### WHAT YOU ARE ASKED TO DO:
As the answer, give every line of the records that includes the word "unfoldable".
───── GIVEN RECORDS ─────
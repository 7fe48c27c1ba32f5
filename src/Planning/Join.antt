-- ===== src/Planning/Join.antt =====
-- planning/join_planner.py: the deterministic join planner over a relationship graph.
pub mod Graph
pub mod Search
pub mod Planner
pub mod Hops
pub mod Invariant
pub mod Fuel
pub mod Path
pub mod Progress
pub mod Plan
pub mod Unique
pub mod Outcome
mod Tests
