-- ===== src/Planning/Join/Graph.antt =====
-- The graph that the planner reads (planning/models.py), the steps that it makes
-- (planning/ir/models.py), and its adjacency lists. The cardinality of an edge and the fingerprints
-- are left out: the planner does not read them.
use Prim.Native.String.{◌++◌ as str_append}
use nl2data_core.Common.{
  Bool, ◌&&◌, not, List, [], ◌∷◌, ◌++◌, String, Result, ok, ◌>>◌, raise_if, if◌then◌else◌,
  get_or_else,
}
use nl2data_core.Common.Text.{is_identifier}
use nl2data_core.Common.Dict.{Dict, lookup, insert}
use nl2data_core.Common.Sort.{str_leb}

pub record RelationshipEdge : Type 0 where
  pub edge_id : String
  pub relationship_id : String
  pub left_entity_id : String
  pub right_entity_id : String
  pub left_field_id : String
  pub right_field_id : String

pub record RelationshipGraph : Type 0 where
  pub source_id : String
  pub edges : List RelationshipEdge

pub record JoinStep : Type 0 where
  pub step_id : String
  pub relationship_id : String
  pub left_entity_id : String
  pub right_entity_id : String
  pub left_field_id : String
  pub right_field_id : String

-- The two values of the `direction` texts.
pub data Direction : Type 0 where
  forward reverse : Direction

-- What stops the planner without an outcome: pydantic's `ValidationError`, a missing key, or the
-- bound on the rounds of a loop.
pub data PlannerError : Type 0 where
  invalid_step invalid_plan key_error no_fuel : PlannerError

-- The fields of `JoinStep` are identifiers.
step_ok : JoinStep → Bool
step_ok s =
    is_identifier s.step_id
    && is_identifier s.relationship_id
    && is_identifier s.left_entity_id
    && is_identifier s.right_entity_id
    && is_identifier s.left_field_id
    && is_identifier s.right_field_id

abbrev pub step_of : RelationshipEdge → Direction → JoinStep
step_of e forward = record {
  step_id = str_append "step-" e.edge_id;
  relationship_id = e.relationship_id;
  left_entity_id = e.left_entity_id;
  right_entity_id = e.right_entity_id;
  left_field_id = e.left_field_id;
  right_field_id = e.right_field_id;
}
step_of e reverse = record {
  step_id = str_append "step-" e.edge_id;
  relationship_id = e.relationship_id;
  left_entity_id = e.right_entity_id;
  right_entity_id = e.left_entity_id;
  left_field_id = e.right_field_id;
  right_field_id = e.left_field_id;
}

-- `_make_step`; construction validates.
unfoldable pub make_step : RelationshipEdge → Direction → Result PlannerError JoinStep
unfolding step_ok
make_step e d = raise_if (not (step_ok (step_of e d))) invalid_step >> ok (step_of e d)

-- An edge, how it is traversed, and the entity at its other end.
pub record Hop : Type 0 where
  pub edge : RelationshipEdge
  pub direction : Direction
  pub entity : String

abbrev pub Adjacency : Type 0
Adjacency = Dict (List Hop)

-- `adjacency.setdefault(entity, []).append(hop)`
abbrev pub add_hop : String → Hop → Adjacency → Adjacency
add_hop entity hop adjacency =
    insert entity (get_or_else (lookup entity adjacency) [] ++ hop ∷ []) adjacency

abbrev pub add_edge : RelationshipEdge → Adjacency → Adjacency
add_edge e adjacency =
    add_hop e.right_entity_id (record { edge = e; direction = reverse; entity = e.left_entity_id })
      (add_hop e.left_entity_id
        (record { edge = e; direction = forward; entity = e.right_entity_id }) adjacency)

unfoldable pub add_edges : List RelationshipEdge → Adjacency → Adjacency
add_edges [] adjacency = adjacency
add_edges (e ∷ edges) adjacency = add_edges edges (add_edge e adjacency)

-- `sort(key=lambda item: item[0].edge_id)`, a stable sort.
unfoldable pub insert_hop : Hop → List Hop → List Hop
insert_hop h [] = h ∷ []
insert_hop h (k ∷ hops) =
    if str_leb h.edge.edge_id k.edge.edge_id then h ∷ k ∷ hops else k ∷ insert_hop h hops

unfoldable pub sort_hops : List Hop → List Hop
sort_hops [] = []
sort_hops (h ∷ hops) = insert_hop h (sort_hops hops)

unfoldable pub sort_all : Adjacency → Adjacency
sort_all [] = []
sort_all ((entity, hops) ∷ adjacency) = (entity, sort_hops hops) ∷ sort_all adjacency

-- `_build_adjacency`
unfoldable pub build_adjacency : List RelationshipEdge → Adjacency
unfolding add_edges insert_hop sort_hops sort_all
build_adjacency edges = sort_all (add_edges edges [])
─────
### ANSWER BOX:
unfoldable pub make_step : RelationshipEdge → Direction → Result PlannerError JoinStep
unfoldable pub add_edges : List RelationshipEdge → Adjacency → Adjacency
unfoldable pub insert_hop : Hop → List Hop → List Hop
unfoldable pub sort_hops : List Hop → List Hop
unfoldable pub sort_all : Adjacency → Adjacency
unfoldable pub build_adjacency : List RelationshipEdge → Adjacency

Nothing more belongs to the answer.